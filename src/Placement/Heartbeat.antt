-- ===== src/Placement/Heartbeat.antt =====
-- placement/registry.go: what a heartbeat that is taken does to an entry.
use fast_sandbox.Base.{
  ℕ, Bool, true, false, not, ◌&&◌, ◌||◌, Option, none, some, List, [], ◌∷◌, String, Dict, insert,
  ◌==◌, text_equality, nat_equality, if◌then◌else◌, ltb, leb,
}
use fast_sandbox.Placement.Quantity.{Quantities}
use fast_sandbox.Placement.Types.{
  Demand, FastletInfo, AdmissionStatus, admission_state_beq, open_state, ResourceStatus,
  ResourceVector, Fence, HeartbeatResponse, SandboxStatus, CacheSnapshot,
}

abbrev pub status_map : List SandboxStatus → Dict SandboxStatus → Dict SandboxStatus
status_map [] m = m
status_map (s ∷ ss) m = status_map ss (insert s.sandbox_id s m)

abbrev pub or_else : String → String → String
or_else a b = if a == "" then b else a

-- Whether a snapshot is at the fence or before it, under the fence's epoch.
abbrev pub at_fence : Fence → ResourceStatus → Bool
at_fence f r = r.epoch == f.epoch && leb r.revision f.revision

abbrev pub repeats : Option ResourceStatus → ResourceStatus → Bool
repeats none r = false
repeats (some c) r =
    r.epoch == c.epoch
    && r.revision == c.revision
    && admission_state_beq c.state r.state
    && c.reason == r.reason

abbrev pub advances : Option ResourceStatus → ResourceStatus → Bool
advances none r = true
advances (some c) r = not (r.epoch == c.epoch) || leb c.revision r.revision

-- `accept` of `applyHeartbeatAdmission`
unfoldable pub accepts_heartbeat : Fence → Option ResourceStatus → ResourceStatus → Bool
accepts_heartbeat f current r = if at_fence f r then repeats current r else advances current r

abbrev pub same_snapshot : Option ResourceStatus → ResourceStatus → Bool
same_snapshot none r = false
same_snapshot (some a) r = a.epoch == r.epoch && a.revision == r.revision

abbrev pub cleared : Fence → Option ResourceStatus → Bool
cleared f none = true
cleared f (some r) =
    admission_state_beq r.state open_state
    && (f.epoch == "" || not (r.epoch == f.epoch) || ltb f.revision r.revision)

module _ (q : Quantities) where
  open q use {Quantity, is_positive, is_negative, cmp_le, parse_quantity}

  abbrev pub Info : Type 0
  Info = FastletInfo Quantity

  abbrev pub received : ℕ → ResourceStatus → Info → Info
  received now r i =
      if same_snapshot i.admission.resources r then record i { resource_received_at = now } else i

  unfoldable pub apply_resources :
      AdmissionStatus → ℕ → Info → Option ResourceStatus → Option ResourceStatus → Info
  apply_resources incoming now i none none = record i { admission = incoming }
  apply_resources incoming now i (some c) none = i
  apply_resources incoming now i current (some r) = received now r (
      if accepts_heartbeat i.resource_fence current r then record i { admission = incoming } else i)

  unfoldable pub apply_heartbeat_admission : AdmissionStatus → ℕ → Info → Info
  unfolding apply_resources
  apply_heartbeat_admission incoming now i =
      apply_resources incoming now i i.admission.resources incoming.resources

  abbrev pub non_negative : Option Quantity → Option Quantity
  non_negative none = none
  non_negative (some x) = if is_negative x then none else some x

  abbrev pub both : Option Quantity → Option Quantity → Option (Demand Quantity)
  both (some c) (some m) = some (record { cpu = c; memory = m })
  both _ _ = none

  unfoldable pub parse_resource_vector : ResourceVector → Option (Demand Quantity)
  parse_resource_vector v =
      both (non_negative (parse_quantity v.cpu)) (non_negative (parse_quantity v.memory))

  abbrev pub differs : Quantity → Quantity → Bool
  differs a b = not (cmp_le a b && cmp_le b a)

  abbrev pub disagrees : Demand Quantity → Info → Bool
  disagrees capacity i =
      is_positive i.resource_capacity.cpu
      && (differs capacity.cpu i.resource_capacity.cpu
          || differs capacity.memory i.resource_capacity.memory)

  abbrev pub not_received : Info → Info
  not_received i = record i { resource_received_at = 0 }

  unfoldable pub use_ledger : Info → Option (Demand Quantity) → Option (Demand Quantity) → Info
  use_ledger i (some capacity) (some committed) =
      if disagrees capacity i
      then not_received i
      else record i { resource_capacity = capacity; resource_committed = committed }
  use_ledger i _ _ = not_received i

  abbrev pub ledger_of : Info → Option ResourceStatus → Info
  ledger_of i none = i
  ledger_of i (some r) =
      use_ledger i (parse_resource_vector r.capacity) (parse_resource_vector r.committed)

  unfoldable pub apply_admission_resources : Info → Info
  unfolding use_ledger parse_resource_vector
  apply_admission_resources i = ledger_of i i.admission.resources

  -- `resourceRejectionCleared`
  unfoldable pub resource_rejection_cleared : Info → Bool
  resource_rejection_cleared i = cleared i.resource_fence i.admission.resources

  -- The cache part; `normalize` is `NormalizeInventory`.
  unfoldable pub apply_cache : (List String → List String) → CacheSnapshot → Info → Info
  apply_cache normalize c i =
      if c.full
      then record i {
        cache_complete = c.complete;
        images = if c.complete then normalize c.images else [];
        cache_epoch = c.epoch;
        cache_revision = c.revision;
      }
      else if not (c.epoch == i.cache_epoch) || not (c.revision == i.cache_revision)
      then record i {
        cache_complete = false;
        images = [];
        cache_epoch = c.epoch;
        cache_revision = c.revision;
      }
      else record i { cache_epoch = c.epoch; cache_revision = c.revision }

  abbrev pub lift_rejection : Info → Info
  lift_rejection i = if resource_rejection_cleared i then record i { rejected_until = 0 } else i

  abbrev pub with_facts : HeartbeatResponse → Info → Info
  with_facts h i = record i {
    runtime_ready = h.runtime_ready;
    infra_ready = h.infra_ready;
    draining = i.drain_requested || h.draining;
    prepared_artifacts = h.prepared_artifacts;
    registry_revision = h.registry_revision;
    warm_images = h.warm_images;
  }

  abbrev pub with_profile : HeartbeatResponse → Info → Info
  with_profile h i = record i {
    runtime_profile_hash = or_else i.runtime_profile_hash h.runtime_profile_hash;
    resource_profile_hash = or_else i.resource_profile_hash h.resource_profile_hash;
    infra_revision = or_else i.infra_revision h.infra_revision;
    sandbox_statuses = status_map h.sandbox_statuses [];
  }

  abbrev pub stamped : HeartbeatResponse → ℕ → Info → Info
  stamped h now i = record i { heartbeat_sequence = h.sequence; last_heartbeat = now }

  unfoldable pub accept_heartbeat :
      (List String → List String) → HeartbeatResponse → ℕ → Info → Info
  unfolding apply_heartbeat_admission apply_admission_resources apply_cache
  accept_heartbeat normalize h now i =
      let admitted =
        apply_admission_resources (apply_heartbeat_admission h.admission now (with_facts h i)) in
      let cached = apply_cache normalize h.cache (with_profile h admitted) in
      lift_rejection (stamped h now cached)
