-- ===== src/Placement/Feedback.antt =====
-- placement/registry.go: `RecordFeedback` and what it calls.
use fast_sandbox.Base.{
  ℕ, ◌+◌, Bool, true, false, not, ◌&&◌, ◌||◌, Option, none, some, String, Dict, lookup, insert,
  ◌==◌, text_equality, nat_equality, int_equality, if◌then◌else◌, leb, ltb_ℤ, leb_ℤ,
}
use fast_sandbox.Placement.Quantity.{Quantities}
use fast_sandbox.Placement.Types.{
  FastletInfo, Registry, AdmissionStatus, admission_state_beq, blocked, unknown_state,
  ResourceStatus, Fence, SandboxStatus,
}
use fast_sandbox.Placement.Reserve.{put_fastlet}
use fast_sandbox.Placement.Heartbeat.{apply_admission_resources, lift_rejection}

pub data ErrorCode : Type 0 where
  no_error capacity_rejected draining runtime_unavailable network_unavailable infra_unavailable :
      ErrorCode
  other_code : String → ErrorCode

pub record LocalFeedback : Type 0 where
  pub pod_uid : String
  pub base_resource_epoch : String
  pub base_resource_revision : ℕ
  pub code : ErrorCode
  pub admission : Option AdmissionStatus
  pub sandbox : Option SandboxStatus
  pub observed_at : ℕ
  pub retry_after : ℕ

abbrev pub is_capacity_rejected : ErrorCode → Bool
is_capacity_rejected capacity_rejected = true
is_capacity_rejected _ = false

-- The codes that stop placement on a Fastlet for a while.
abbrev pub rejects : ErrorCode → Bool
rejects no_error = false
rejects (other_code _) = false
rejects _ = true

-- 5 seconds, in nanoseconds
abbrev pub default_retry : ℕ
default_retry = 5000000000

-- `sandboxObservationAtOrAfter`
unfoldable pub at_or_after : SandboxStatus → SandboxStatus → Bool
at_or_after a b =
    if not (a.instance_generation == b.instance_generation)
    then ltb_ℤ b.instance_generation a.instance_generation
    else if not (a.assignment_attempt == b.assignment_attempt)
    then ltb_ℤ b.assignment_attempt a.assignment_attempt
    else if not (a.accepted_generation == b.accepted_generation)
    then ltb_ℤ b.accepted_generation a.accepted_generation
    else leb_ℤ b.applied_generation a.applied_generation

abbrev pub newer_than : SandboxStatus → Option SandboxStatus → Bool
newer_than s none = true
newer_than s (some c) = at_or_after s c

unfoldable pub put_status : SandboxStatus → Dict SandboxStatus → Dict SandboxStatus
put_status s m = if newer_than s (lookup s.sandbox_id m) then insert s.sandbox_id s m else m

module _ (q : Quantities) where
  open q use {Quantity}

  abbrev Info : Type 0
  Info = FastletInfo Quantity

  -- The snapshot that the request was made under must still be the current one.
  abbrev pub acceptable : LocalFeedback → ResourceStatus → Option ResourceStatus → Bool
  acceptable f r none = true
  acceptable f r (some c) =
      if r.epoch == c.epoch
      then leb c.revision r.revision
      else f.base_resource_epoch == c.epoch && f.base_resource_revision == c.revision

  abbrev pub raises_fence : LocalFeedback → ResourceStatus → Bool
  raises_fence f r =
      is_capacity_rejected f.code
      || admission_state_beq r.state blocked
      || admission_state_beq r.state unknown_state

  abbrev pub fence_after : LocalFeedback → ResourceStatus → Fence → Fence
  fence_after f r old =
      if raises_fence f r then record { epoch = r.epoch; revision = r.revision } else old

  unfoldable pub apply_feedback_admission :
      AdmissionStatus → ResourceStatus → LocalFeedback → Info → Info × Bool
  apply_feedback_admission incoming r f i =
      if acceptable f r i.admission.resources
      then (
        record i {
          admission = incoming;
          resource_received_at = f.observed_at;
          resource_fence = fence_after f r i.resource_fence;
        },
        true,
      )
      else (i, false)

  abbrev pub with_ledger : Info × Bool → Info × Bool
  with_ledger (i, true) = (apply_admission_resources q i, true)
  with_ledger (i, false) = (i, false)

  unfoldable pub feedback_admission : LocalFeedback → Info → Option AdmissionStatus → Info × Bool
  unfolding apply_feedback_admission
  feedback_admission f i none = (i, true)
  feedback_admission f i (some a) = elim a.resources [
    | none ↦ (i, true)
    | some r ↦ with_ledger (apply_feedback_admission a r f i)
  ]

  unfoldable pub feedback_sandbox : Info → Option SandboxStatus → Info
  feedback_sandbox i none = i
  feedback_sandbox i (some s) =
      if s.sandbox_id == ""
      then i
      else record i { sandbox_statuses = put_status s i.sandbox_statuses }

  unfoldable pub feedback_outcome : LocalFeedback → Info → Info
  feedback_outcome f i =
      if rejects f.code
      then record i { rejected_until = f.observed_at + f.retry_after }
      else lift_rejection q i

  abbrev pub settle : LocalFeedback → Info × Bool → Info
  settle f (i, true) = feedback_outcome f (feedback_sandbox i f.sandbox)
  settle f (i, false) = i

  unfoldable pub feedback_slot : LocalFeedback → Info → Info
  unfolding feedback_admission feedback_sandbox feedback_outcome
  feedback_slot f i =
      if not (f.pod_uid == "") && not (i.pod_uid == f.pod_uid)
      then i
      else settle f (feedback_admission f i f.admission)

  abbrev pub with_defaults : ℕ → LocalFeedback → LocalFeedback
  with_defaults now f = record f {
    observed_at = if f.observed_at == 0 then now else f.observed_at;
    retry_after = if f.retry_after == 0 then default_retry else f.retry_after;
  }

  unfoldable pub feedback_found :
      String → LocalFeedback → Registry Quantity → Option Info → Registry Quantity
  unfolding feedback_slot
  feedback_found id f r none = r
  feedback_found id f r (some i) = put_fastlet q id (feedback_slot f i) r

  -- `now` is the registry's clock.
  unfoldable pub record_feedback :
      ℕ → String → LocalFeedback → Registry Quantity → Registry Quantity
  unfolding feedback_found
  record_feedback now id f r = feedback_found id (with_defaults now f) r (lookup id r.fastlets)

• **ABOUT THIS EXERCISE**: Copy out every line of the material above that contains the string "false".

• **TASK SOLUTION**:
  ℕ, Bool, true, false, not, ◌&&◌, ◌||◌, Option, none, some, List, [], ◌∷◌, String, Dict, insert,
repeats none r = false
same_snapshot none r = false
        cache_complete = false;
  ℕ, ◌+◌, Bool, true, false, not, ◌&&◌, ◌||◌, Option, none, some, String, Dict, lookup, insert,
is_capacity_rejected _ = false
rejects no_error = false
rejects (other_code _) = false
      else (i, false)
  with_ledger (i, false) = (i, false)
  settle f (i, false) = i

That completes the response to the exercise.